# Cheapest Digital Hygrometer!!!



## s15driftking (Oct 22, 2008)

I paid 24.00 for mine. But now i'm getting another humi (go figure).


I see some people who say they got theirs at walmart.. .but they never show pics or the price they paid...


So heres what i want.

1. Where you got it
2. How much you paid
3. Review it briefly
4. Post up pics of your Digi Hygrometer


i would like to go buy one by Friday. I am really interested to hear about the wally world ones.. .and in which department they found it


----------



## Habanolover (Feb 22, 2006)

Can't help you with this one as I have no need for a hygrometer. :tu


----------



## raralith (Sep 26, 2008)

Use the search function -> http://www.clubstogie.com/vb/showthread.php?p=1723809 Hell, I just typed into google "walmart hygrometer," Google pointed me directly to that link.
1. Walmart
2. $7
3. Has thermometer and hygrometer. Was off by 4, than 12, now it's right on. No idea why it shifts so often. Whatever though, it's cheap and it works; I would purchase this again if I knew what I did now.
4. Check link for picture.


----------



## bishainc (Sep 19, 2008)

The Acurite from Wally works just great and for the price you cannot argue otherwise. It has the cooler at 65% (heartfelt beads of 65% in there) even though it was off by 4 according to the salt test. But who's to trust the salt test.

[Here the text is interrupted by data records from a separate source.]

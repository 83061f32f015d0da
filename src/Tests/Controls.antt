-- ===== src/Tests/Controls.antt =====
-- The control commands on a job at concrete databases.
use pruebas_personalizadas.Prelude.Common.{
  ℕ, ◌≡◌, refl, sym, subst, String, none, some, [], ◌∷◌, true, Memᴰ, arith,
}
use pruebas_personalizadas.Prelude.Eq.{string_eq}
use pruebas_personalizadas.Prelude.Lists.{any, filter}
use pruebas_personalizadas.Prelude.Sets.{mem, distinct, has_duplicates, has_duplicates-false}
use pruebas_personalizadas.Prelude.Sort.{sort}
use pruebas_personalizadas.Prelude.Result.{ok, reject, ◌>>=◌, ◌>>◌}
use pruebas_personalizadas.Prelude.Rows.{select_one, get_row, put}
use pruebas_personalizadas.Jobs.Documents.{assessment_row}
use pruebas_personalizadas.Jobs.Tables.{
  RunStatus, FailureClass, ControlAction, JobRow, Database, job_row, submission_row, activity_row,
  stage_run_row,
}
use pruebas_personalizadas.Jobs.Queue.{found, job_of_status, add_job, with_job, cancels}
use pruebas_personalizadas.Jobs.Cancel.{
  create_control, add_job_control_record, lock_job, is_retryable_class, requested_row,
  cancelled_row, complete_job_cancellation, release_aggregate, complete_cancellation,
}
use pruebas_personalizadas.Jobs.Continue.{
  Continuation, as_conflict, has_applied_continuation, resulting_row,
  activate_resulting_submission_job, last_failed_run, mark_failed_stage, check_retry, retry_source,
  schedule_job_retry, effective_max, continuation_record,
}
use pruebas_personalizadas.Jobs.Worker.{lease_expired, failed_row}
use pruebas_personalizadas.Jobs.History.Change.{Reports, IsSound}
use pruebas_personalizadas.Jobs.History.Audit.{IsAudit}
use pruebas_personalizadas.Jobs.History.Moves.{Move, History, IsConsistent}
use pruebas_personalizadas.Jobs.History.Cancelled.{IsRefused, History-IsRefused}
use pruebas_personalizadas.Jobs.History.Once.{Continued, continuation-once}
use pruebas_personalizadas.Jobs.History.Continued.{IsContinued, schedule_job_retry-IsContinued}
use pruebas_personalizadas.Tests.Jobs.{orphan, database, start}

-- One job alone.
single-IsConsistent :
    {r : Reports} (row : JobRow ℕ) → IsSound r row → IsConsistent r (database (row ∷ []))
unfolding has_duplicates mem distinct
single-IsConsistent {r} row s = record {
  jobs = record {
    sound = λ x m. elim m [ Memᴰ.head e ↦ subst (IsSound r) (sym e) s | Memᴰ.tail k ↦ elim k [ ] ];
    once = has_duplicates-false {A = String} (row.id ∷ []) refl;
  };
  controls = IsAudit.empty;
}

abbrev failed : JobRow ℕ
failed = failed_row FailureClass.transient lease_expired 20 orphan

failed-IsSound : IsSound Reports.any_attempt failed
unfolding failed_row job_of_status
failed-IsSound = record {
  used = tt;
  some_attempt = omega arith;
  few_attempts = omega arith;
  projected = refl;
}

abbrev request : String → Continuation
request id = record {
  resulting_job_id = id;
  control_id = "ctl";
  actor_id = "user";
  reason_code = "RETRY_REQUESTED";
  resume_from_stage = "PARSE";
  next_attempt_at = some 40;
}

abbrev failing : Database ℕ
failing = database (failed ∷ [])

abbrev retried : Database ℕ
retried = record (database (failed ∷ resulting_row 30 (request "j3") 3 failed ∷ [])) {
  controls =
      continuation_record ControlAction.retry (some FailureClass.transient) (request "j3") 30 failed
      ∷ [];
}

retry_test :
    schedule_job_retry "j2" "ten" FailureClass.transient none (request "j3") 30 failing ≡ ok retried
unfolding schedule_job_retry retry_source check_retry lock_job found select_one get_row as_conflict
    add_job has_applied_continuation any resulting_row activate_resulting_submission_job
    mark_failed_stage last_failed_run filter sort create_control add_job_control_record failed_row
    job_of_status ◌>>=◌ ◌>>◌ reject
retry_test = refl

schedule_job_retry-IsContinued_example :
    (source : JobRow ℕ) × (lock_job "j2" "ten" failing ≡ ok source)
    × (is_retryable_class (some FailureClass.transient) ≡ true)
    × (source.status ≡ RunStatus.failed)
    × (source.failure_class ≡ some FailureClass.transient)
    × IsContinued ControlAction.retry
        (some FailureClass.transient)
        (request "j3")
        30
        (effective_max none source)
        source
        failing
        retried
schedule_job_retry-IsContinued_example =
    schedule_job_retry-IsContinued "j2" "ten" FailureClass.transient none (request "j3") 30 failing
      retry_test

lock_test : lock_job "j2" "ten" failing ≡ ok failed
unfolding lock_job found select_one failed_row job_of_status
lock_test = refl

lock_again_test : lock_job "j2" "ten" retried ≡ ok failed
unfolding lock_job found select_one failed_row job_of_status resulting_row
lock_again_test = refl

continuation-once_example : ¬ Continued "j2" "ten" retried start
continuation-once_example =
    continuation-once "j2" "ten" start failed failed (single-IsConsistent failed failed-IsSound)
      lock_test (Continued.by_retry FailureClass.transient none (request "j3") 30 retry_test)
      History.here lock_again_test refl

abbrev requested : JobRow ℕ
requested = requested_row "user" 30 orphan

requested-IsSound : IsSound Reports.any_attempt requested
unfolding requested_row job_of_status
requested-IsSound = record {
  used = tt;
  some_attempt = omega arith;
  few_attempts = omega arith;
  projected = refl;
}

abbrev cancelling : Database ℕ
cancelling = database (requested ∷ [])

abbrev cancelled : Database ℕ
cancelled = with_job (cancelled_row 40 requested) cancelling

cancel_test : complete_job_cancellation "j2" "ten" 40 cancelling ≡ ok cancelled
unfolding complete_job_cancellation complete_cancellation release_aggregate lock_job found
    select_one put cancelled_row requested_row job_of_status ◌>>=◌ ◌>>◌ reject
cancel_test = refl

requested_cancels : cancels requested.control_state ≡ true
unfolding requested_row
requested_cancels = refl

History-IsRefused_example : IsRefused requested.id requested.tenant_id cancelled
History-IsRefused_example =
    History-IsRefused requested (single-IsConsistent requested requested-IsSound) (Memᴰ.head refl)
      requested_cancels (History.next History.here (Move.complete_cancel "j2" "ten" 40 cancel_test))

The thing I like the most is the max/min since it let me know of variances. I had a crappy cooler and the beads apparently had trouble maintaining the proper RH. Wouldn't have noticed were it not for the max/min function. Now the new cooler shows 65% RH and max/min is also at 65% solid :tu


----------



## ronhoffman2 (Jun 8, 2008)

Here's my thread about the Walmart $7 hygro. 
http://www.clubstogie.com/vb/showthread.php?t=175570

I have since upgraded to an Oregon Scientific wireless hygro so I don't have to ever open my cooler to check the humidity. So far it's working awesome.


----------



## billybarue (Mar 20, 2006)

Bob,

My Walmart Cheapos are consistently off 4%, which works out fine for me. I can live with +- 4%.

I picked up four of the following on Woot.com for $5 apiece (w/free shipping): http://www.lacrosse-psmall.com/ws-9410u-la-crosse.html

No real way to use it in a desktop because of the size. These are designed to hang on a wall (indoor/outdoor). They are excellent and convenient with the single AAA power supply. They are perfect for Cooladors however, and the price is right.

FWIW,

BillyBarue


----------



## s15driftking (Oct 22, 2008)

Thanks billy, i have a white springfield and a silver and black.. uh, Acutron (or soemthing liek that)

The springfield is good, the acutron sucks.


i might do a coolerdor for new arrivals, so thanks!!!


----------



## Cigary (Oct 19, 2007)

The Acurite from Wally Mart works great for me,,have two of them and they are right on the money. I keep beads in mine so the humidity matches the beads.


----------



## goalie204 (Nov 21, 2008)

Bought it at Canadian Tire for 9.99

I salt tested it but wasn't able to go the full 8 hours. Got to about 72 after 3 hours when i took it out of the bag.

Not sure how good it is, temp in my humi reads 62 degrees right now, and its been dropping steady since the last time i seasoned. (First time it was down to 59 then i re-seasoned) Not sure if its the box or the hygro. I removed the silly plastic window mount. It is not adjustable in terms of being able to calibrate it. One day i will buy a good one. But i'm a new smoker and have spent 500 bux lately on a good cutter, box, lighter and various sticks, need to cut down on the spending for a few 










looks like "fisher price: my first hygrometer"


----------



## Big A (Nov 12, 2008)

I have the Madelaine. works great. After salt test it was right on the money. Cost around $25.

link is here
http://www.madelaine.com/products_detail.asp?ID=85&category=10

Also got one from ebay that was within 1% as the one above. I looked before and didn't see them on there i will have to check back and see if i can find it.


----------



## cedjunior (Apr 7, 2007)

I have a Flucker's thermo/hygrometer. Can be had for $7 online (plus shipping) or $14 at your local PetSmart.

http://www.flukerfarms.com/temperaturegauges.aspx (bottom of page)


----------



## VoteKinky06 (Jan 7, 2006)

goalie204 said:


> Bought it at Canadian Tire for 9.99
> 
> I salt tested it but wasn't able to go the full 8 hours. Got to about 72 after 3 hours when i took it out of the bag.
> 
> ...


This is GENIUS for a Vino:tu


----------



## goalie204 (Nov 21, 2008)

VoteKinky06 said:


> This is GENIUS for a Vino:tu


I don't get it? What's Vino if not the italian wine


----------



## totallytentative (Oct 4, 2008)

goalie204 said:


> I don't get it? What's Vino if not the italian wine


I don't own one, but do a title search for "vinotemp". It's a brand of wine bottle cooler that people have converted into temperature controlled humidors.

I can see why that would be perfect, because you would just stick it on the glass door.


----------



## goalie204 (Nov 21, 2008)

totallytentative said:


> I don't own one, but do a title search for "vinotemp". It's a brand of wine bottle cooler that people have converted into temperature controlled humidors.
> 
> I can see why that would be perfect, because you would just stick it on the glass door.


ahh, my humi doesn't actually have a glass lid, hence removing the suction cup on this canadian tire one


----------



## MikeC (Nov 14, 2008)

goalie204 said:


> Bought it at Canadian Tire for 9.99


I picked up one of these at Home Depot near the pool supplies for $7.50. Seems like a good value for this size device.


----------